Eventi e luoghi che hanno cambiato le città: Roma, capitolo 2

Scritto da Nicola Gerundino il 28 aprile 2020
Aggiornato il 5 maggio 2020

Quante volte siamo partiti DA ZERO?
Quante volte eravamo lì, abbiamo visto cambiare tutto ma ce ne siamo resi conto solo dopo, come se fosse successo per magia? Qual è il segreto?

Zero riparte dalla città, in un viaggio avanti e indietro sulla linea del tempo. Dagli ultimi 30 anni del passato, da cui sembriamo lontanissimi e da cui prendere il meglio. Dal presente in cui è impossibile andare avanti, è impossibile tornare indietro, in cui siamo immobili e soffriamo. Dal futuro che pretende immaginazione.

Prima ancora di ricevere la telefonata dall’amico più aggiornato; prima ancora di recuperare dalla tasca dei pantaloni o del giacchetto i flyer raccattati in giro per la città; prima ancora di intercettare informazioni in radio o di lanciarsi nelle prime navigazioni web alla ricerca di forum e list, quello che bisognava fare per approcciarsi al Brancaleone era aprire lo stradario, Tuttocittà, e vedere dove era posizionata Via Levanna. Perché, fatta eccezione per qualche abitante del Nomentano/Salario e per i residenti di Monte Sacro e dintorni, nessuno sapeva dove si trovasse e come fosse fatta: alla fine della Nomentana ci potevano benissimo essere le Colonne d’Ercole e la fine del mondo conosciuto. Fortunatamente, nel corso della sua storia il Brancaleone ha dato infiniti motivi per recarsi alle sue porte, sfatando ogni forma di terrapiattismo romanocentrico.

Koma & Bones

La storia del Branca – perché negli anni è così che è stato ribattezzato e chiamato da tutti – è molto longeva e inizia nel 1990, periodo estremante fervido per la città, che aveva nell’Università Sapienza il suo epicentro, nel movimento della Pantera il suo combustibile e nelle realtà occupate e autogestite i propri spazi vitali, potendo godere di un’esperienza riconosciuta, riconoscibile e già robusta quale quella del Forte Prenestino, dei cui saperi fecero tutti tesoro.
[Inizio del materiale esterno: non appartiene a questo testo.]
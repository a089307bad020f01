-- ===== src/Aio/System.antt =====
-- The calls from Python and the moves of the kernel on one context of linux_aio, interleaved in any
-- order.
pub mod Invariant
pub mod Safety
pub mod Lifecycle
pub mod Progress
pub mod Tests
use caio.Base.{
  ◌==◌, length, ℤ, Ref, ok, Arg, operation, made, ℕ, ◌≤◌, ◌≡◌, true, false, some, List, [], ◌∷◌,
  ◌++◌,
}
use caio.Aio.State.{World}
use caio.Aio.Submit.{Answer, check_types, submit}
use caio.Aio.Events.{
  Event, Python, cancel_done, cancel_failed, Kernel, EventArgs, or_default, process_events, cancel,
}
use caio.Aio.Events.Delivery.{Gives}
use caio.Aio.Events.Balance.{taken}

-- The state: the world, the operations that the kernel has taken and not yet completed, and the
-- events that it has made and no call has collected.
pub record System : Type 0 where
  pub world : World
  pub working : List Ref
  pub made : List Event

-- The steps on the context `c`, which has a handle. A submit takes what io_submit accepts; the kernel
-- completes what it has taken in any order; a call of process_events collects events from the oldest
-- on, no more than it asked for; and io_cancel ends an operation that the kernel works on, without an event, or fails.
pub data Step (py : Python) (c : Ref) (s : System) : System → Type 0 where
  submits :
      (io_submit : Ref → List Ref → Answer) (args : List Arg) (ps : List Ref)
      → ((s.world.ctxs c).ctx == 0) ≡ false
      → check_types args ≡ ok ps
      → Step py c s (record {
        world = (submit io_submit true (some c) (some args) s.world).1;
        working = s.working ++ taken io_submit c ps s.world;
        made = s.made;
      })
  completes :
      (js ks : List Ref) (p : Ref) (res : ℤ)
      → s.working ≡ js ++ p ∷ ks
      → Step py c s (record {
        world = s.world;
        working = js ++ ks;
        made = s.made ++ record { data_ref = p; res = res } ∷ [];
      })
  collects :
      (k : Kernel) (args : EventArgs) (es rest : List Event)
      → Gives k c args es s.world s.world
      → length es ≤ or_default args.max_requests
      → s.made ≡ es ++ rest
      → Step py c s (record {
        world = (process_events k py true c (some args) s.world).1;
        working = s.working;
        made = rest;
      })
  cancels :
      (k : Kernel) (js ks : List Ref) (p : Ref) (res : ℤ)
      → ((s.world.ctxs c).ctx == 0) ≡ false
      → s.working ≡ js ++ p ∷ ks
      → k.io_cancel p s.world ≡ cancel_done res
      → Step py c s (record {
        world = (cancel k py (some c) (some (operation p)) s.world).1;
        working = js ++ ks;
        made = s.made;
      })
  fails_to_cancel :
      (k : Kernel) (p e : ℕ)
      → ((s.world.ctxs c).ctx == 0) ≡ false
      → k.io_cancel p s.world ≡ cancel_failed e
      → Step py c s (record s { world = (cancel k py (some c) (some (operation p)) s.world).1 })

pub data Reach (py : Python) (c : Ref) (s : System) : System → Type 0 where
  here : Reach py c s s
  next : {t u : System} → Reach py c s t → Step py c t u → Reach py c s u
Dopo i primi anni di lotte per il proprio riconoscimento e le prime iniziative, la pelle di questa realtà mutò quando si aprì ai linguaggi che maggiormente percorrevano il corpo della città più giovane e attivo: quelli della musica e della multimedialità. In breve tempo il Brancaleone divenne uno dei palchi principali di Roma, passando in rapida sequenza da formazioni punk e hardcore, al post hardcore e post rock di area Touch & Go (Chicago), al jazzcore degli Zu che qui diedero vita al primo episodio del loro micro festival, lo ZuFest, e ai primi vagiti di DNA Concerti, tutt’ora una delle principali agenzie di booking di livello nazionale:

Mi ricordo concerti davvero spettacolari là dentro e di aver fatto caso che la sala era molto bella, un centro sociale un po’ scalcagnato in cui però c’era la possibilità di portare anche cose nuove. Nel giro di sei mesi era così attivo come posto che sembrava di stare a Berlino

“Il primo concerto che abbiamo fatto è stato il 31 gennaio 1998 al Brancaleone, con quello che oggi definirei uno dei gruppi peggiori nella storia, i Rachel’s. La sala era murata di gente, fosse andato male quel concerto probabilmente adesso farei un altro lavoro. […] Il Brancaleone lo “inaugurò” un’organizzazione di concerti di cui nessuno si ricorda, Il Cervello a Sonagli: era gente bravissima, molti facevano capo a Disfunzioni Musicali (il mitico negozio di dischi a San Lorenzo, NdR) e portavano cose d’avanguardia, americana soprattutto. Mi ricordo concerti davvero spettacolari là dentro e di aver fatto caso che la sala era molto bella, un centro sociale un po’ scalcagnato in cui però c’era la possibilità di portare anche cose nuove. Nel giro di sei mesi era così attivo come posto che sembrava di stare a Berlino”. *

Miss Kittin (2002)

Il secondo filone che portò il Branca a trasformarsi da Csoa di quartiere a spazio underground del futuro fu quello elettronico. Qui un ruolo fondamentale lo ebbero Andrea Lai e Riccardo Petitti che riuscirono a creare un ponte tra Roma e quella parte di Europa che aveva il pallino delle produzioni “cutting edge”. L’esperienza di Agatha nacque negli studi di una radio, Città Futura, e dall’idea di realizzare una serata che coinvolgesse alcuni dei dj dell’emittente. Dopo un primo tentativo non riuscitissimo, Francesca Bianchi andò a bussare alla porta del Brancaleone e lì si creò l’alchimia perfetta.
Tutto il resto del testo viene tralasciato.